What is being asked => Lines from the material below that hold the string "Option" are what is needed; copy each of them.

Record excerpts =>
[Start of Attachment]

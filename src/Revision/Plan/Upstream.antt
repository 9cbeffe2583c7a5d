-- ===== src/Revision/Plan/Upstream.antt =====
-- The stage at which a revision restarts: what the stages before it were computed from stays as it is.
use mathlib.Core.Option.{some-injective}
use mathlib.Core.Path.{subst}
use Prim.{tt}
use agentic_etf_advisor.Prelude.{
  ℕ, zero, suc, ◌≤◌, ◌<◌, String, ◌≡◌, refl, sym, ap, ◌∙◌, inl, inr, Bool, true, false, Option,
  none, some, List, [], ◌∷◌, map, arith, if◌then◌else◌, Bool-cases, >>=-eq-some, get_or, All,
}
use agentic_etf_advisor.Revision.Decision.{
  Feedback, profile_feedback, evidence_feedback, screening_feedback, construction_feedback,
  explanation_feedback, ReviewDecision, class_index,
}
use agentic_etf_advisor.Profile.{model_dump}
use agentic_etf_advisor.Revision.Plan.{
  RevisionInputs, PolicyPatches, Stage, validate_profile, retrieve_candidate_evidence,
  screen_candidates, construct_portfolio, draft_explanation, human_review, stages, PlanContent,
  RevisionPlan, sort_classes, dependencies, plan_content, apply_feedback, apply_all, plan_revision,
  patch_profile,
}
use agentic_etf_advisor.Revision.Plan.Earliest.{IsEarliest, plan_content-inv}

-- What the stages before a restart were computed from, in the order of the stages: the profile, the
-- limit of the retrieval, the screening policy, the construction policy, the instruction.
unfoldable pub SameUpstream :
    {S C : Type 0} → Stage → RevisionInputs S C → RevisionInputs S C → Type 0
SameUpstream validate_profile a b = Unit
SameUpstream retrieve_candidate_evidence a b = a.profile ≡ b.profile
SameUpstream screen_candidates a b =
    (a.profile ≡ b.profile) × (a.candidate_limit ≡ b.candidate_limit)
SameUpstream construct_portfolio a b =
    (a.profile ≡ b.profile)
    × (a.candidate_limit ≡ b.candidate_limit)
    × (a.screening_policy ≡ b.screening_policy)
SameUpstream draft_explanation a b =
    (a.profile ≡ b.profile)
    × (a.candidate_limit ≡ b.candidate_limit)
    × (a.screening_policy ≡ b.screening_policy)
    × (a.construction_policy ≡ b.construction_policy)
SameUpstream human_review a b =
    (a.profile ≡ b.profile)
    × (a.candidate_limit ≡ b.candidate_limit)
    × (a.screening_policy ≡ b.screening_policy)
    × (a.construction_policy ≡ b.construction_policy)
    × (a.explanation_instruction ≡ b.explanation_instruction)

-- Two inputs that differ at the class `k` and later classes only.
pub record IsFrom {S C : Type 0} (k : ℕ) (a b : RevisionInputs S C) : Type 0 where
  pub profile : 0 < k → a.profile ≡ b.profile
  pub limit : 1 < k → a.candidate_limit ≡ b.candidate_limit
  pub screening : 2 < k → a.screening_policy ≡ b.screening_policy
  pub construction : 3 < k → a.construction_policy ≡ b.construction_policy
  pub instruction : 4 < k → a.explanation_instruction ≡ b.explanation_instruction
  pub evidence : a.with_evidence ≡ b.with_evidence
  pub explanation : a.with_explanation ≡ b.with_explanation

IsFrom-refl : {S C : Type 0} (k : ℕ) (a : RevisionInputs S C) → IsFrom k a a
IsFrom-refl k a = record {
  profile = λ h. refl;
  limit = λ h. refl;
  screening = λ h. refl;
  construction = λ h. refl;
  instruction = λ h. refl;
  evidence = refl;
  explanation = refl;
}

IsFrom-trans :
    {S C : Type 0} (k : ℕ) {a b c : RevisionInputs S C} → IsFrom k a b → IsFrom k b c → IsFrom k a c
IsFrom-trans k x y = record {
  profile = λ h. x.profile h ∙ y.profile h;
  limit = λ h. x.limit h ∙ y.limit h;
  screening = λ h. x.screening h ∙ y.screening h;
  construction = λ h. x.construction h ∙ y.construction h;
  instruction = λ h. x.instruction h ∙ y.instruction h;
  evidence = x.evidence ∙ y.evidence;
  explanation = x.explanation ∙ y.explanation;
}

if-some {ℓ} :
    {A : Type ℓ} (b : Bool) (m : Option A) {a : A} → (if b then none else m) ≡ some a → m ≡ some a
if-some true m h = absurd (cc)
if-some false m h = h

module _ {S C SP CP : Type 0} (patches : PolicyPatches S C SP CP)
    (inputs : RevisionInputs S C) where
  -- One feedback changes the input of its own class only.
  apply_feedback-IsFrom :
      (k : ℕ) (f : Feedback SP CP) (u : RevisionInputs S C) {v : RevisionInputs S C}
      → k ≤ class_index f
      → apply_feedback patches inputs f u ≡ some v
      → IsFrom k u v
  unfolding apply_feedback class_index
  apply_feedback-IsFrom k (profile_feedback patch) u le h =
      let (p, e, same) =
        >>=-eq-some (patch_profile (model_dump inputs.profile) patch) _ (if-some _ _ h) in
      let r = IsFrom-refl k (record u { profile = p }) in
      subst (IsFrom k u) (some-injective _ _ same) (record {
        profile = λ lt. absurd (omega arith);
        limit = r.limit;
        screening = r.screening;
        construction = r.construction;
        instruction = r.instruction;
        evidence = r.evidence;
        explanation = r.explanation;
      })
  apply_feedback-IsFrom k (evidence_feedback limit) u le h =
      subst (IsFrom k u) (some-injective _ _ (if-some _ _ h)) (record {
        profile = λ lt. refl;
        limit = λ lt. absurd (omega arith);
        screening = λ lt. refl;
        construction = λ lt. refl;
        instruction = λ lt. refl;
        evidence = refl;
        explanation = refl;
      })
  apply_feedback-IsFrom k (screening_feedback patch) u le h =
      let (p, e, same) =
        >>=-eq-some (patches.patch_screening inputs.screening_policy patch) _ (if-some _ _ h) in
      subst (IsFrom k u) (some-injective _ _ same) (record {
        profile = λ lt. refl;
        limit = λ lt. refl;
        screening = λ lt. absurd (omega arith);
        construction = λ lt. refl;
        instruction = λ lt. refl;
        evidence = refl;
        explanation = refl;
      })
  apply_feedback-IsFrom k (construction_feedback patch) u le h =
      let (p, e, same) =
        >>=-eq-some (patches.patch_construction inputs.construction_policy patch) _
          (if-some _ _ h) in
      subst (IsFrom k u) (some-injective _ _ same) (record {
        profile = λ lt. refl;
        limit = λ lt. refl;
        screening = λ lt. refl;
        construction = λ lt. absurd (omega arith);
        instruction = λ lt. refl;
        evidence = refl;
        explanation = refl;
      })
  apply_feedback-IsFrom k (explanation_feedback instruction) u le h =
      subst (IsFrom k u) (some-injective _ _ (if-some _ _ h)) (record {
        profile = λ lt. refl;
        limit = λ lt. refl;
        screening = λ lt. refl;
        construction = λ lt. refl;
        instruction = λ lt. absurd (omega arith);
        evidence = refl;
        explanation = refl;
      })

  apply_all-IsFrom :
      (k : ℕ) (fs : List (Feedback SP CP)) (u : RevisionInputs S C) {v : RevisionInputs S C}
      → All (λ j. k ≤ j) (map class_index fs)
      → apply_all patches inputs fs u ≡ some v
      → IsFrom k u v
  unfolding apply_all
  apply_all-IsFrom k [] u le h = subst (IsFrom k u) (some-injective _ _ h) (IsFrom-refl k u)
  apply_all-IsFrom k (f ∷ fs) u le h =
      let (w, e, h') = >>=-eq-some (apply_feedback patches inputs f u) _ h in
      IsFrom-trans k (apply_feedback-IsFrom k f u le.0 e) (apply_all-IsFrom k fs w le.1 h')

past_stages : (k : ℕ) → get_or stages (suc (suc (suc (suc (suc k))))) human_review ≡ human_review
past_stages zero = refl
past_stages (suc k) = refl

SameUpstream-of :
    {S C : Type 0} (k : ℕ) (a b : RevisionInputs S C)
    → IsFrom k a b
    → SameUpstream (get_or stages k human_review) a b
unfolding SameUpstream
SameUpstream-of zero a b r = tt
SameUpstream-of (suc zero) a b r = r.profile (omega arith)
SameUpstream-of (suc (suc zero)) a b r = (r.profile (omega arith), r.limit (omega arith))
SameUpstream-of (suc (suc (suc zero))) a b r =
    (r.profile (omega arith), r.limit (omega arith), r.screening (omega arith))
SameUpstream-of (suc (suc (suc (suc zero)))) a b r = (
  r.profile (omega arith),
  r.limit (omega arith),
  r.screening (omega arith),
  r.construction (omega arith),
)
SameUpstream-of (suc (suc (suc (suc (suc k))))) a b r =
    subst (λ s. SameUpstream s a b) (sym (past_stages k))
      (
        r.profile (omega arith),
        r.limit (omega arith),
        r.screening (omega arith),
        r.construction (omega arith),
        r.instruction (omega arith),
      )

module _ {S C SP CP : Type 0} (patches : PolicyPatches S C SP CP)
    (digest : PlanContent S C → String) (decision : ReviewDecision SP CP)
    (inputs : RevisionInputs S C) where
  pub plan_revision-valid :
      {plan : RevisionPlan S C}
      → plan_revision patches digest decision inputs ≡ some plan
      → dependencies inputs ≡ true
  unfolding plan_revision
  plan_revision-valid h = elim (Bool-cases (dependencies inputs)) [
    | inl e ↦ e
    | inr e ↦ absurd (ground (arith, h, e))
  ]

  pub plan_revision-inv :
      {plan : RevisionPlan S C}
      → plan_revision patches digest decision inputs ≡ some plan
      → (apply_all patches inputs decision.feedback inputs ≡ some plan.content.inputs)
        × ((k : ℕ) × IsEarliest k (map class_index decision.feedback) plan.content)
  unfolding plan_revision
  plan_revision-inv h =
      let (updated, e, h1) =
        >>=-eq-some (apply_all patches inputs decision.feedback inputs) _ (if-some _ _ h) in
      let (content, e', same) =
        >>=-eq-some (plan_content (sort_classes (map class_index decision.feedback)) updated) _
          h1 in
      let q = ap (λ p. p.content) (some-injective _ _ same) in
      let (k, earliest, kept) = plan_content-inv (map class_index decision.feedback) updated e' in
      (
        e ∙ ap some (sym kept ∙ ap (λ c. c.inputs) q),
        (k, subst (IsEarliest k (map class_index decision.feedback)) q earliest),
      )

  -- A revision restarts at the stage of the earliest class that the feedback names, and invalidates
  -- the artifacts and errors of that stage and of every later one, and the review.
  pub plan_revision-IsEarliest :
      {plan : RevisionPlan S C}
      → plan_revision patches digest decision inputs ≡ some plan
      → (k : ℕ) × IsEarliest k (map class_index decision.feedback) plan.content
  plan_revision-IsEarliest h = (plan_revision-inv h).1

  -- A revision changes nothing that the stages before its restart were computed from, and turns
  -- neither the evidence nor the explanation on or off.
  pub plan_revision-SameUpstream :
      {plan : RevisionPlan S C}
      → plan_revision patches digest decision inputs ≡ some plan
      → SameUpstream plan.content.restart_stage inputs plan.content.inputs
        × (inputs.with_evidence ≡ plan.content.inputs.with_evidence)
        × (inputs.with_explanation ≡ plan.content.inputs.with_explanation)
  plan_revision-SameUpstream {plan} h =
      let (e, (k, earliest)) = plan_revision-inv h in
      let r = apply_all-IsFrom patches inputs k decision.feedback inputs earliest.first e in
      (
        subst (λ s. SameUpstream s inputs plan.content.inputs) (sym earliest.restart)
            (SameUpstream-of k inputs plan.content.inputs r),
        r.evidence,
        r.explanation,
      )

[End of Attachment]

Task response =>
use mathlib.Core.Option.{some-injective}
  ℕ, zero, suc, ◌≤◌, ◌<◌, String, ◌≡◌, refl, sym, ap, ◌∙◌, inl, inr, Bool, true, false, Option,
    {A : Type ℓ} (b : Bool) (m : Option A) {a : A} → (if b then none else m) ≡ some a → m ≡ some a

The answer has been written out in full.